* RECORD EXCERPTS
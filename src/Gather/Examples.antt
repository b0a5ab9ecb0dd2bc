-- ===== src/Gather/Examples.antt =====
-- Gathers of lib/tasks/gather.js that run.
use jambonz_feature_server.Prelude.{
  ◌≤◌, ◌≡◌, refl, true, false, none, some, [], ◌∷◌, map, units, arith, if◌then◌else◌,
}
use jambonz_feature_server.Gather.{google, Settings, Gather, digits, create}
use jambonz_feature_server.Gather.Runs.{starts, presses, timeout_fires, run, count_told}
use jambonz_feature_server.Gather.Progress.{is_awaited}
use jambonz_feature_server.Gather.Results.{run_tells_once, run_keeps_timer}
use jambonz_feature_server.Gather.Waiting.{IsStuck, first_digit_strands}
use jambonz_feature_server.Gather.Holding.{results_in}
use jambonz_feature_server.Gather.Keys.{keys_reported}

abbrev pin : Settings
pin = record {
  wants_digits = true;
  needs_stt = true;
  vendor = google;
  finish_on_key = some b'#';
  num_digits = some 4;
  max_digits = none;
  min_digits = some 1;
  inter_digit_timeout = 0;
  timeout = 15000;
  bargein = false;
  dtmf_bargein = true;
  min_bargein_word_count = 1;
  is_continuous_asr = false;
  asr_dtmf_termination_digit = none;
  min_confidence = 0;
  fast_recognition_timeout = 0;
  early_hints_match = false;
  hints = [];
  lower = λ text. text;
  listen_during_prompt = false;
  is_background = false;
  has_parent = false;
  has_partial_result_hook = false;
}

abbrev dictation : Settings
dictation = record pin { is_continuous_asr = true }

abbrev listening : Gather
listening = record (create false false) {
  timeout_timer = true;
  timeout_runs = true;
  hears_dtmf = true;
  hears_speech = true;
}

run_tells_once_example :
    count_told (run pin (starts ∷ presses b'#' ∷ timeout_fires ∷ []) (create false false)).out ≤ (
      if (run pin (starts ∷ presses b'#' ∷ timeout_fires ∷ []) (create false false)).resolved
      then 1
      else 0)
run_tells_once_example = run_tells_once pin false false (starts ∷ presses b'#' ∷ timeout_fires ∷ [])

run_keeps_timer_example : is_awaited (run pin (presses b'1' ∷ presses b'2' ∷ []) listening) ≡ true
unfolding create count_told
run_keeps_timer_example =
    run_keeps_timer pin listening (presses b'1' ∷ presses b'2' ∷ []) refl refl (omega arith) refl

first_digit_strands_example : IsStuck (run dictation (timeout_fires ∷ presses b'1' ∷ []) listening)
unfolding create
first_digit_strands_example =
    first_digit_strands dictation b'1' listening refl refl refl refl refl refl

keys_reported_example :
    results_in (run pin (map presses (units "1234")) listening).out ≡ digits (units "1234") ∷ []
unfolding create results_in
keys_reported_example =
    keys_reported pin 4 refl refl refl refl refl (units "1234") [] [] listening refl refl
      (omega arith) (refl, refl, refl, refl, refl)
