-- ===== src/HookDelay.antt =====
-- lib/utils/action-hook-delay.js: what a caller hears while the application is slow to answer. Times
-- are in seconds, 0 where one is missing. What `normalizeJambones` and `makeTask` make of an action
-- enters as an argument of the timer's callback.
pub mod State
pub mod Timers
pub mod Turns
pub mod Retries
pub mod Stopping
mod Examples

==

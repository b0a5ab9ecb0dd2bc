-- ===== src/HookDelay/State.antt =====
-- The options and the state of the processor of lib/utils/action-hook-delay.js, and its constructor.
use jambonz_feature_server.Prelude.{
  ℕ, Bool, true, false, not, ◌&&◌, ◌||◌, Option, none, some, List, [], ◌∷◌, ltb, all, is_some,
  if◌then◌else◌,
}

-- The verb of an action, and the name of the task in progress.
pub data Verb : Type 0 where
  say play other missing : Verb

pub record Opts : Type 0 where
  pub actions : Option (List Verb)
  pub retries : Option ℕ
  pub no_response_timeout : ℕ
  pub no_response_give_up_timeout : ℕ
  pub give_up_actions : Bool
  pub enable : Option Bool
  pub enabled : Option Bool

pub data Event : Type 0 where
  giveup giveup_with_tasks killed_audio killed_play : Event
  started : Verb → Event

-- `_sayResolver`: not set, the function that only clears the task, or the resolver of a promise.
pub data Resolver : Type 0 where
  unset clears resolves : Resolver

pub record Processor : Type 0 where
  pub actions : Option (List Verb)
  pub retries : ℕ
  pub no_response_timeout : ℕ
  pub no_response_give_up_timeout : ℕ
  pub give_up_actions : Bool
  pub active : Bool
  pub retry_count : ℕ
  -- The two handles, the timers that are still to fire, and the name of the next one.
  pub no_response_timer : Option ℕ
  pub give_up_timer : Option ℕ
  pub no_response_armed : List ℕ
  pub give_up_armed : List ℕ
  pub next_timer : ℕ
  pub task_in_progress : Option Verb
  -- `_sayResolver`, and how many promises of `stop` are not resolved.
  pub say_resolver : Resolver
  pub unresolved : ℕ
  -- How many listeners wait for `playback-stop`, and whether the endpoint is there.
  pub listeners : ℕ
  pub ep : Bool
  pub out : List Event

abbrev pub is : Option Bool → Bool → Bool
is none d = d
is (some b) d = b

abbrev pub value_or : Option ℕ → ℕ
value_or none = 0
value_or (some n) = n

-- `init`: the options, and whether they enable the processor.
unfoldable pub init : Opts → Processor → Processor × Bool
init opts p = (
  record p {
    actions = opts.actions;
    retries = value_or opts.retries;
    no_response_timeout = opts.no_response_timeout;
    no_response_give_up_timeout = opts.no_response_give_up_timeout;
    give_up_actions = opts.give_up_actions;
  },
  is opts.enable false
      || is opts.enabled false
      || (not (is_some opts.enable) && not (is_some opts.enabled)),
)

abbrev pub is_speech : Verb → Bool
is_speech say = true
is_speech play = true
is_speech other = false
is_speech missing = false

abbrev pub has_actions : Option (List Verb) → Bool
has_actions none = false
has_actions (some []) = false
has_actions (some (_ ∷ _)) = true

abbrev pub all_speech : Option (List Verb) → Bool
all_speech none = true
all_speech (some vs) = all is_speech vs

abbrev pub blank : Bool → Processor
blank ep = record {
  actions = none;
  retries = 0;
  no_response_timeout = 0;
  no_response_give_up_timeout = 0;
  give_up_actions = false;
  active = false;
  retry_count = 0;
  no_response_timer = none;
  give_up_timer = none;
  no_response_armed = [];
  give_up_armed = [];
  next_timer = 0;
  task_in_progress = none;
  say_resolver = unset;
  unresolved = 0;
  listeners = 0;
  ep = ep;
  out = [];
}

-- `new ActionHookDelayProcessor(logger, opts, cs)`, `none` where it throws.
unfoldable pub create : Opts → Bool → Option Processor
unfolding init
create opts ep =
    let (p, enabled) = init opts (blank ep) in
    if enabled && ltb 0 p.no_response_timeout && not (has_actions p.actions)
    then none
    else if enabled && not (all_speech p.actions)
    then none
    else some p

* WHAT IS NEEDED
Copy out each line of the records that holds the string "unfoldable".

* TASK RESPONSE
unfoldable pub init : Opts → Processor → Processor × Bool
unfoldable pub create : Opts → Bool → Option Processor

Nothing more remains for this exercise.